IMF, World Bank to help Kenya get out of dirty cash grey list


Cabinet Secretary, National Treasury & Economic Planning Njuguna Ndung'u. FILE PHOTO | DENNIS ONSONGO | NMG

The Bretton Woods institutions and Western allies have pledged to support Kenya in addressing deficiencies in dealing with money laundering and terrorism financing.

This is after Kenya was last week put on the 'grey list' by the Finance Action Task Force (FATF), the global anti-money laundering watchdog, for lacking safeguards against the flow of dirty cash.

The Treasury Cabinet Secretary Njuguna Ndung’u told the National Assembly’s Debt and Privatisation committee that bilateral and multilateral donors have committed to assist Kenya get out of the woods.

“This morning, I had a meeting of bilateral and multilateral lenders who have expressed support to ensure our country is taken out of the grey list. We have done the legal instruments that established four critical institutions that now need capacity building to effectively combat money laundering, terrorism financing and proliferation of weapons of mass destruction,” Prof Ndung’u said.

“The International Monetary Fund (IMF), the World Bank, the European Union (EU), the United Kingdom, and the United States promised us support to strengthen our institutions, including the Financial Reporting Centre (FRC).”

Kenya was placed on the list of shame along with 23 other countries, subjecting them to enhanced monitoring to ensure compliance with international anti-money laundering (AML), combating the financing of terrorism (CFT), and countering the proliferation of weapons of mass destruction (CPF).

The downgrade also means Kenya might be subjected to stricter due diligence when it is dealing with the rest of the world.

However, Prof Ndung’u told MPs that the placement would not impact Kenya's credit ratings.

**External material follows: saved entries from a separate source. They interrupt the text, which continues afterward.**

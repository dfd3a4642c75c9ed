-- ===== src/Store/Records.antt =====
-- Records, seals and digests: prism_serve/scheduler/replacement_store.py.
use prism_serve.Base.{
  ℕ, String, ◌≡◌, ap, ◌∙◌, ◌↔◌, Bool, true, false, ◌&&◌, Option, List, [], ◌∷◌, arith, ◌==◌,
  nat_key, text_key, pair_key, str_eq_iff, triple_key,
}
use prism_serve.Base.Order.{tuple_before, sorted}
use Prim.Native.Char.{Char}
use Prim.Native.String.{◌++◌ as append, ◌∷◌ as cons}
use Prim.Native.String.compare
use text.Mathlib.Text.{is_eq}
use Prim.Native.String.append

pub record ReplacementReleaseRecord : Type 0 where
  pub cleanup_id : String
  pub restart_run_id : String
  pub old_operation_digest : String
  pub operation_id : String
  pub lease_id : String
  pub old_resource_kinds : List String
  pub decision_digest : String

abbrev pub RecordKey : Type 0
RecordKey = String × String × String

-- `record.key`
abbrev pub key_of : ReplacementReleaseRecord → RecordKey
key_of r = (r.cleanup_id, r.restart_run_id, r.old_operation_digest)

-- `(record.operation_id, record.lease_id)`
abbrev pub lease_of : ReplacementReleaseRecord → String × String
lease_of r = (r.operation_id, r.lease_id)

pub record ReplacementRunSeal : Type 0 where
  pub seal_sequence : ℕ
  pub restart_run_id : String
  pub old_topology_generation_digest : String
  pub new_topology_generation : String
  pub decision_digest : String
  pub record_root_digest : String
  pub record_count : ℕ

-- The dict `_active_run`.
pub record ActiveRun : Type 0 where
  pub restart_run_id : String
  pub old_topology_generation_digest : String
  pub decision_digest : String

pub record Payload : Type 0 where
  pub active_run : Option ActiveRun
  pub records : List ReplacementReleaseRecord
  pub seals : List ReplacementRunSeal
  pub next_seal_sequence : ℕ

-- The hexadecimal SHA-256 of the canonical JSON of a text, of a list of records, and of a payload.
pub record Hashes : Type 0 where
  pub text_hash : String → String
  pub records_hash : List ReplacementReleaseRecord → String
  pub payload_hash : Payload → String

-- `"sha256:" + ...`
unfoldable pub prefixed : String → String
prefixed h = append "sha256:" h

-- `_digest` of a text.
unfoldable pub digest : Hashes → String → String
digest h s = prefixed (h.text_hash s)

abbrev pub record_before : ReplacementReleaseRecord → ReplacementReleaseRecord → Bool
record_before a b = tuple_before (key_of a) (key_of b)

-- `_record_root`
unfoldable pub record_root : Hashes → List ReplacementReleaseRecord → String
record_root h rs = prefixed (h.records_hash (sorted record_before rs))

abbrev pub list_beq : List String → List String → Bool
list_beq [] [] = true
list_beq [] (y ∷ ys) = false
list_beq (x ∷ xs) [] = false
list_beq (x ∷ xs) (y ∷ ys) = (x == y) && list_beq xs ys

-- `existing == record`
unfoldable pub same_record : ReplacementReleaseRecord → ReplacementReleaseRecord → Bool
same_record a b =
    (key_of a == key_of b)
    && (lease_of a == lease_of b)
    && list_beq a.old_resource_kinds b.old_resource_kinds
    && (a.decision_digest == b.decision_digest)

-- `not text`
abbrev pub empty : String → Bool
empty s = s == ""

cons_full : (c : Char) (s t : String) → empty (append (cons c s) t) ≡ false
cons_full c s t = ap empty (append.cons c s t) ∙ ap is_eq (compare.cons-nil c (append s t))

pub prefixed_full : (s : String) → empty (prefixed s) ≡ false
unfolding prefixed
prefixed_full s = cons_full _ _ s

list_beq_iff : (xs ys : List String) → (list_beq xs ys ≡ true) ↔ (xs ≡ ys)
list_beq_iff [] [] = ground arith
list_beq_iff [] (y ∷ ys) = ground arith
list_beq_iff (x ∷ xs) [] = ground arith
list_beq_iff (x ∷ xs) (y ∷ ys) = ground (arith, str_eq_iff x y, list_beq_iff xs ys)

pub same_record_iff : (a b : ReplacementReleaseRecord) → (same_record a b ≡ true) ↔ (a ≡ b)
unfolding same_record
same_record_iff a b = ground (
  arith,
  str_eq_iff a.cleanup_id b.cleanup_id,
  str_eq_iff a.restart_run_id b.restart_run_id,
  str_eq_iff a.old_operation_digest b.old_operation_digest,
  str_eq_iff a.operation_id b.operation_id,
  str_eq_iff a.lease_id b.lease_id,
  str_eq_iff a.decision_digest b.decision_digest,
  list_beq_iff a.old_resource_kinds b.old_resource_kinds,
)
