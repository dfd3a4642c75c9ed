-- ===== src/Store/State.antt =====
-- The store, its file, and what every operation asks first:
-- prism_serve/scheduler/replacement_store.py.
use prism_serve.Base.{
  ℕ, String, Bool, true, false, not, ◌&&◌, ◌||◌, Option, none, some, List, [], ◌∷◌, ltb,
  if◌then◌else◌, is_some, ◌==◌, nat_key, text_key, pair_key, triple_key, length, drop, Error,
  class_error, ok, err, Action, raise_if, ◌>>◌, pure,
}
use prism_serve.Base.Dict.{Dict, values}
use prism_serve.Base.Order.{sorted}
use prism_serve.Store.Records.{
  ReplacementReleaseRecord, RecordKey, ReplacementRunSeal, ActiveRun, Payload, Hashes, prefixed,
  digest, record_before, empty,
}

abbrev pub store_format_version : ℕ
store_format_version = 2

pub record Envelope : Type 0 where
  pub format_version : ℕ
  pub payload : Payload
  pub payload_digest : String

-- The file of the store. `malformed` is one that is no JSON of the shape of an envelope.
pub data Contents : Type 0 where
  absent : Contents
  malformed : Contents
  image : Envelope → Contents

-- How a write goes: it is done; it fails before the temporary file is there; it fails with the
-- temporary file left; or it fails after the file has been replaced.
pub data Write : Type 0 where
  done : Write
  not_opened : Write
  not_replaced : Write
  not_synced : Write

-- The directory, and how the next writes will go; those beyond the list are done.
pub record Disk : Type 0 where
  pub orphan : Bool
  pub contents : Contents
  pub writes : List Write

-- `_atomic_write`: whether it returned, and the directory that it leaves.
unfoldable pub atomic_write : Write → Envelope → Disk → Bool × Disk
atomic_write done e d = (true, record d { contents = image e })
atomic_write not_opened e d = (false, d)
atomic_write not_replaced e d = (false, record d { orphan = true })
atomic_write not_synced e d = (false, record d { contents = image e })

abbrev pub next_write : List Write → Write
next_write [] = done
next_write (w ∷ ws) = w

-- The directory with one more write made.
abbrev pub written_once : Disk → Disk
written_once d = record d { writes = drop 1 d.writes }

pub record ReplacementDecisionStore : Type 0 where
  pub max_records_per_run : ℕ
  pub seal_retention : ℕ
  pub fatal_error : Option Error
  pub active_run : Option ActiveRun
  pub records : Dict RecordKey ReplacementReleaseRecord
  pub seals : List ReplacementRunSeal
  pub next_seal_sequence : ℕ
  pub disk : Disk

abbrev pub Store : Type 0
Store = ReplacementDecisionStore

abbrev pub store_unavailable : Error
store_unavailable = class_error "ReplacementStoreUnavailable" "replacement store is not ready"

abbrev pub write_failed : Error
write_failed =
    class_error "ReplacementStoreUnavailable" "replacement store persistence failed closed"

abbrev pub conflict : String → Error
conflict = class_error "ReplacementConflict"

abbrev pub unknown_run : String → Error
unknown_run = class_error "UnknownReplacementRun"

abbrev pub retired_run : Error
retired_run = class_error "RetiredReplacementRun" "RETIRED_REPLACEMENT_RUN"

abbrev pub over_capacity : Error
over_capacity = class_error "ReplacementStoreCapacity" "replacement record capacity exhausted"

-- `ready`
unfoldable pub ready : Store → Bool
ready s = not (is_some s.fatal_error) && ltb (length s.records) s.max_records_per_run

-- `transition_closed`
unfoldable pub transition_closed : Store → Bool
transition_closed s = not (is_some s.fatal_error) && not (is_some s.active_run)

-- `_payload`
unfoldable pub payload_of :
    Option ActiveRun
    → Dict RecordKey ReplacementReleaseRecord
    → List ReplacementRunSeal
    → ℕ
    → Payload
payload_of active records seals n = record {
  active_run = active;
  records = sorted record_before (values records);
  seals = seals;
  next_seal_sequence = n;
}

unfoldable pub envelope_of : Hashes → Payload → Envelope
envelope_of h p = record {
  format_version = store_format_version;
  payload = p;
  payload_digest = prefixed (h.payload_hash p);
}

-- `_require_integrity`
unfoldable pub require_integrity : Action Store (Unit {0})
require_integrity s = raise_if (is_some s.fatal_error) store_unavailable s

-- `_commit_state`, whose write goes as is given.
unfoldable pub commit_by :
    Write
    → Hashes
    → Option ActiveRun
    → Dict RecordKey ReplacementReleaseRecord
    → List ReplacementRunSeal
    → ℕ
    → Action Store (Unit {0})
commit_by w h active records seals n s =
    let (written, disk) =
      atomic_write w (envelope_of h (payload_of active records seals n)) (written_once s.disk) in
    if written
    then (
      ok tt,
      record s {
        active_run = active;
        records = records;
        seals = seals;
        next_seal_sequence = n;
        disk = disk;
      },
    )
    else (err write_failed, record s { fatal_error = some (class_error "OSError" ""); disk = disk })

-- `_commit_state`
unfoldable pub commit_state :
    Hashes
    → Option ActiveRun
    → Dict RecordKey ReplacementReleaseRecord
    → List ReplacementRunSeal
    → ℕ
    → Action Store (Unit {0})
commit_state h active records seals n s =
    commit_by (next_write s.disk.writes) h active records seals n s

-- `_seal_for_run`
unfoldable pub seal_for_run : String → List ReplacementRunSeal → Option ReplacementRunSeal
seal_for_run run [] = none
seal_for_run run (x ∷ xs) = if x.restart_run_id == run then some x else seal_for_run run xs

-- What `_validate_requested_run` asks of the active run.
unfoldable pub validate_against :
    Hashes → Option ActiveRun → String → String → Option String → Action Store (Unit {0})
validate_against h none run old decision = pure tt
validate_against h (some a) run old decision =
    raise_if (not (a.restart_run_id == run)) (unknown_run "another run is still unsealed")
    >> raise_if (not (a.old_topology_generation_digest == digest h old))
        (conflict "replacement run reused with different old generation")
    >> raise_if (elim decision [ none ↦ false | some d ↦ not (a.decision_digest == d) ])
        (conflict "replacement run reused with different decision evidence")

-- `_validate_requested_run`
unfoldable pub validate_requested_run :
    Hashes → String → String → Option String → Action Store (Unit {0})
validate_requested_run h run old decision =
    raise_if (empty run || empty old) (unknown_run "run and old generation are required") >> λ s.
    validate_against h s.active_run run old decision s
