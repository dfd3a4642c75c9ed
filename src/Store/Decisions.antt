-- ===== src/Store/Decisions.antt =====
-- Looking up and persisting decisions: prism_serve/scheduler/replacement_store.py.
use prism_serve.Base.{
  String, Bool, true, false, not, ◌&&◌, ◌||◌, Option, none, some, List, [], ◌∷◌, ltb, leb,
  if◌then◌else◌, is_some, get_or, ◌==◌, nat_key, text_key, pair_key, triple_key, length, any,
  key_error, Result, ok, err, Action, pure, raise_if, ◌>>=◌, ◌>>◌, raise, give,
}
use prism_serve.Base.Dict.{Dict, values, lookup, insert}
use prism_serve.Store.Records.{
  ReplacementReleaseRecord, RecordKey, key_of, lease_of, ActiveRun, Hashes, digest, same_record,
  empty,
}
use prism_serve.Store.State.{
  Store, conflict, unknown_run, retired_run, over_capacity, require_integrity, commit_state,
  seal_for_run, validate_requested_run,
}

-- `validate_active_run`
unfoldable pub validate_active_run : Hashes → String → String → String → Action Store (Unit {0})
validate_active_run h run old decision = require_integrity >> λ s.
    if not (is_some s.active_run)
    then (err (unknown_run "no active replacement segment"), s)
    else validate_requested_run h run old (some decision) s

-- `_seal_for_run(run) is not None`
abbrev pub retired : String → Store → Bool
retired run s = is_some (seal_for_run run s.seals)

-- What `lookup` asks where the key of the record is not there.
unfoldable pub check_new : Hashes → ReplacementReleaseRecord → String → Action Store (Unit {0})
check_new h r old =
    (λ s. raise_if (retired r.restart_run_id s) retired_run s)
    >> validate_requested_run h r.restart_run_id old (some r.decision_digest)

-- What `lookup` answers where a record has been found, or none.
unfoldable pub answer_found :
    Hashes
    → ReplacementReleaseRecord
    → String
    → Option ReplacementReleaseRecord
    → Action Store (Option ReplacementReleaseRecord)
answer_found h r old none = check_new h r old >> pure none
answer_found h r old (some e) =
    raise_if (not (same_record e r))
      (conflict "replacement key reused with different record/digest")
    >> pure (some e)

-- `lookup`
unfoldable pub lookup_record :
    Hashes → ReplacementReleaseRecord → String → Action Store (Option ReplacementReleaseRecord)
lookup_record h r old =
    require_integrity >> λ s. answer_found h r old (lookup (key_of r) s.records) s

-- Whether another record decides on the lease of `r`.
unfoldable pub other_decides : ReplacementReleaseRecord → List ReplacementReleaseRecord → Bool
other_decides r = any (λ o. (lease_of o == lease_of r) && not (key_of o == key_of r))

abbrev pub run_of : Hashes → String → String → String → ActiveRun
run_of h run old decision = record {
  restart_run_id = run;
  old_topology_generation_digest = digest h old;
  decision_digest = decision;
}

abbrev pub newly : ReplacementReleaseRecord → ReplacementReleaseRecord × Bool
newly r = (r, true)

-- The checks and the commit of `persist_record`, of a record that is not there.
unfoldable pub commit_new : Hashes → ReplacementReleaseRecord → String → Action Store (Unit {0})
commit_new h r old s =
    (raise_if (leb s.max_records_per_run (length s.records)) over_capacity
        >> raise_if (other_decides r (values s.records))
            (conflict "replacement lease already has a different decision key")
        >> commit_state h
            (some (get_or s.active_run (run_of h r.restart_run_id old r.decision_digest)))
            (insert (key_of r) r s.records) s.seals s.next_seal_sequence)
      s

-- What `persist_record` does with the answer of `lookup`.
unfoldable pub persist_found :
    Hashes
    → ReplacementReleaseRecord
    → String
    → Option ReplacementReleaseRecord
    → Action Store (ReplacementReleaseRecord × Bool)
persist_found h r old none = commit_new h r old >> pure (newly r)
persist_found h r old (some e) = pure (e, false)

-- `persist_record`
unfoldable pub persist_record :
    Hashes → ReplacementReleaseRecord → String → Action Store (ReplacementReleaseRecord × Bool)
persist_record h r old = lookup_record h r old >>= persist_found h r old

-- `lease_key in leases and leases[lease_key] != record.key`, of `leases.get(lease_key)`.
abbrev pub taken : Option RecordKey → RecordKey → Bool
taken none key = false
taken (some k) key = not (k == key)

-- The loop of `persist_records`: the candidate records, the leases with their keys, and whether
-- anything has changed.
unfoldable pub merge :
    List ReplacementReleaseRecord
    → Dict RecordKey ReplacementReleaseRecord
    → Dict (String × String) RecordKey
    → Bool
    → Result (Dict RecordKey ReplacementReleaseRecord × Bool)
merge [] candidate leases changed = ok (candidate, changed)
merge (r ∷ rs) candidate leases changed =
    let kept = merge rs candidate leases changed in
    let added =
      merge rs (insert (key_of r) r candidate) (insert (lease_of r) (key_of r) leases) true in
    elim (lookup (key_of r) candidate) [
      | some e ↦
          if not (same_record e r)
          then err (conflict "replacement key reused with different record/digest")
          else kept
      | none ↦
          if taken (lookup (lease_of r) leases) (key_of r)
          then err (conflict "replacement lease already has a different decision key")
          else added
    ]

-- `{(record.operation_id, record.lease_id): record.key for record in ...}`
unfoldable pub leases_from :
    List ReplacementReleaseRecord
    → Dict (String × String) RecordKey
    → Dict (String × String) RecordKey
leases_from [] leases = leases
leases_from (r ∷ rs) leases = leases_from rs (insert (lease_of r) (key_of r) leases)

-- `decision_digest or (records[0].decision_digest if records else "")`
abbrev pub requested_decision : Option String → List ReplacementReleaseRecord → String
requested_decision none [] = ""
requested_decision none (r ∷ rs) = r.decision_digest
requested_decision (some d) [] = d
requested_decision (some d) (r ∷ rs) = if empty d then r.decision_digest else d

-- `tuple(candidate[record.key] for record in records)`
unfoldable pub take_all :
    List ReplacementReleaseRecord
    → Dict RecordKey ReplacementReleaseRecord
    → Result (List ReplacementReleaseRecord)
take_all [] d = ok []
take_all (r ∷ rs) d =
    let rest = take_all rs d in
    elim (lookup (key_of r) d) [
      | none ↦ err key_error
      | some e ↦ elim rest [ ok es ↦ ok (e ∷ es) | err x ↦ err x ]
    ]

-- What `persist_records` writes of the merged candidate.
unfoldable pub write_batch :
    Hashes → ActiveRun → Dict RecordKey ReplacementReleaseRecord → Bool → Action Store (Unit {0})
write_batch h run candidate changed s =
    (raise_if (ltb s.max_records_per_run (length candidate)) over_capacity
        >> (if changed || not (is_some s.active_run)
            then commit_state h (some run) candidate s.seals s.next_seal_sequence
            else pure tt))
      s

-- What `persist_records` does with the merge.
unfoldable pub commit_merged :
    Hashes
    → List ReplacementReleaseRecord
    → ActiveRun
    → Result (Dict RecordKey ReplacementReleaseRecord × Bool)
    → Action Store (List ReplacementReleaseRecord)
commit_merged h rs run (err e) = raise e
commit_merged h rs run (ok (candidate, changed)) =
    write_batch h run candidate changed >> give (take_all rs candidate)

-- The checks of `persist_records`.
unfoldable pub check_batch :
    Hashes → List ReplacementReleaseRecord → String → String → String → Action Store (Unit {0})
check_batch h rs run old decision =
    require_integrity
    >> (λ s. raise_if (retired run s) retired_run s)
    >> raise_if (empty decision) (conflict "replacement batch requires a decision digest")
    >> raise_if (any (λ r. not (r.decision_digest == decision)) rs)
        (conflict "replacement batch mixes decisions")
    >> validate_requested_run h run old (some decision)
    >> raise_if (any (λ r. not (r.restart_run_id == run)) rs)
        (conflict "replacement batch mixes restart runs")

-- `persist_records`
unfoldable pub persist_records :
    Hashes
    → List ReplacementReleaseRecord
    → String
    → String
    → Option String
    → Action Store (List ReplacementReleaseRecord)
persist_records h rs run old given =
    let decision = requested_decision given rs in
    check_batch h rs run old decision >> λ s.
    commit_merged h rs (run_of h run old decision)
      (merge rs s.records (leases_from (values s.records) []) false) s
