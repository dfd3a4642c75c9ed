-- ===== src/Store/Requests.antt =====
-- What the checks of a request establish: prism_serve/scheduler/replacement_store.py.
use prism_serve.Base.{
  String, ◌≡◌, refl, ap, inl, inr, true, false, not, ◌||◌, Option, none, some, arith, Option-cases,
  is_some, ◌==◌, nat_key, text_key, pair_key, triple_key, raise_if, Checked, raise_if-Checked,
  then-Checked, weaken-Checked, passed, raised, reading-Checked,
}
use prism_serve.Store.Records.{ActiveRun, Hashes, digest, empty}
use prism_serve.Store.State.{
  Store, conflict, store_unavailable, require_integrity, validate_against, validate_requested_run,
}

-- The run of the segment is the run that is asked for.
abbrev pub Matching : Hashes → Option ActiveRun → String → String → String → Type 0
Matching h none run old decision = Unit
Matching h (some a) run old decision =
    ((a.restart_run_id == run) ≡ true)
    × ((a.old_topology_generation_digest == digest h old) ≡ true)
    × ((a.decision_digest == decision) ≡ true)

pub require_integrity-Checked : (s : Store) → Checked require_integrity s (s.fatal_error ≡ none)
unfolding require_integrity
require_integrity-Checked s = elim (Option-cases s.fatal_error) [
  | inl e ↦ passed (ap (λ o. raise_if (is_some o) store_unavailable s) e) e
  | inr (x, e) ↦ raised store_unavailable (ap (λ o. raise_if (is_some o) store_unavailable s) e)
]

validate_against-Checked :
    (h : Hashes) (a : Option ActiveRun) (run old decision : String) (s : Store)
    → Checked (validate_against h a run old (some decision)) s (Matching h a run old decision)
unfolding validate_against
validate_against-Checked h none run old decision s = passed refl tt
validate_against-Checked h (some a) run old decision s =
    weaken-Checked _ s (λ f. (ground (arith, f.0.0), ground (arith, f.0.1), ground (arith, f.1)))
      (then-Checked _ s
        (raise_if (not (a.decision_digest == decision))
          (conflict "replacement run reused with different decision evidence"))
        (then-Checked _ s
          (raise_if (not (a.old_topology_generation_digest == digest h old))
            (conflict "replacement run reused with different old generation"))
          (raise_if-Checked (not (a.restart_run_id == run)) _ s)
          (λ f. raise_if-Checked (not (a.old_topology_generation_digest == digest h old)) _ s))
        (λ f. raise_if-Checked (not (a.decision_digest == decision)) _ s))

pub validate_requested_run-Checked :
    (h : Hashes) (run old decision : String) (s : Store)
    → Checked
        (validate_requested_run h run old (some decision))
        s
        ((empty run ≡ false) × (empty old ≡ false) × Matching h s.active_run run old decision)
unfolding validate_requested_run
validate_requested_run-Checked h run old decision s =
    weaken-Checked _ s (λ f. (ground (arith, f.0), ground (arith, f.0), f.1))
      (then-Checked _ s (λ t. validate_against h t.active_run run old (some decision) t)
        (raise_if-Checked (empty run || empty old) _ s)
        (λ f.
          reading-Checked (λ t. validate_against h t.active_run run old (some decision)) s
            (validate_against-Checked h s.active_run run old decision s)))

“We have got a lot of support from multinational lenders. The greylisting will not worsen our credit ratings. The only thing we need to do is to strengthen our institutions,” Prof Ndung’u said.

The CS said Kenya had already made amendments to the law to strengthen its fight against dirty money and only needed to implement them.

Wajir East MP Mohamed Duale had demanded to know how the greylisting would affect the country's credit listing, concessional borrowing and foreign direct investments.

Prof Ndung’u dismissed the claims by a section of the media that Kenya was placed on the grey list due to its “wash wash” economy.

“I have read an article that indicates we are a ‘wash wash’ economy. That is irresponsible journalism. Our institutions are checking on this but we only need to strengthen their capacity,” he said.

“We are in a very precarious situation as a country. We have the situation in Somalia, South Sudan, Sudan and the Democratic Republic of Congo. People out there say Kenya is their safe haven. The enemy is one step ahead and we need to push the curve ahead and we have the strongest support from our partners.”

Prof Ndung’u said Kenya has not implemented all amendments to the anti-money laundering laws as approved by Parliament.

The FATF flagged Kenya, a financial hub in the region, as a regional hub for illicit gold as well as a transit for drug and wildlife traffickers, with law firms, casinos, and real estate agents being highlighted as some of the enablers of money laundering.

With Uganda removed from the list following recommendations of FATF's fifth plenary meeting, Kenya joined Tanzania and South Sudan in the grey list. Other African countries on the list include Nigeria, South Africa, Mali, Mozambique, Burkina Faso, Senegal and Cameroon.

In 2010, FATF placed Kenya on a list of high-risk countries for delays in enacting laws to tackle criminal financial activity as well as a failure to track money laundering. It was removed from the list four years later.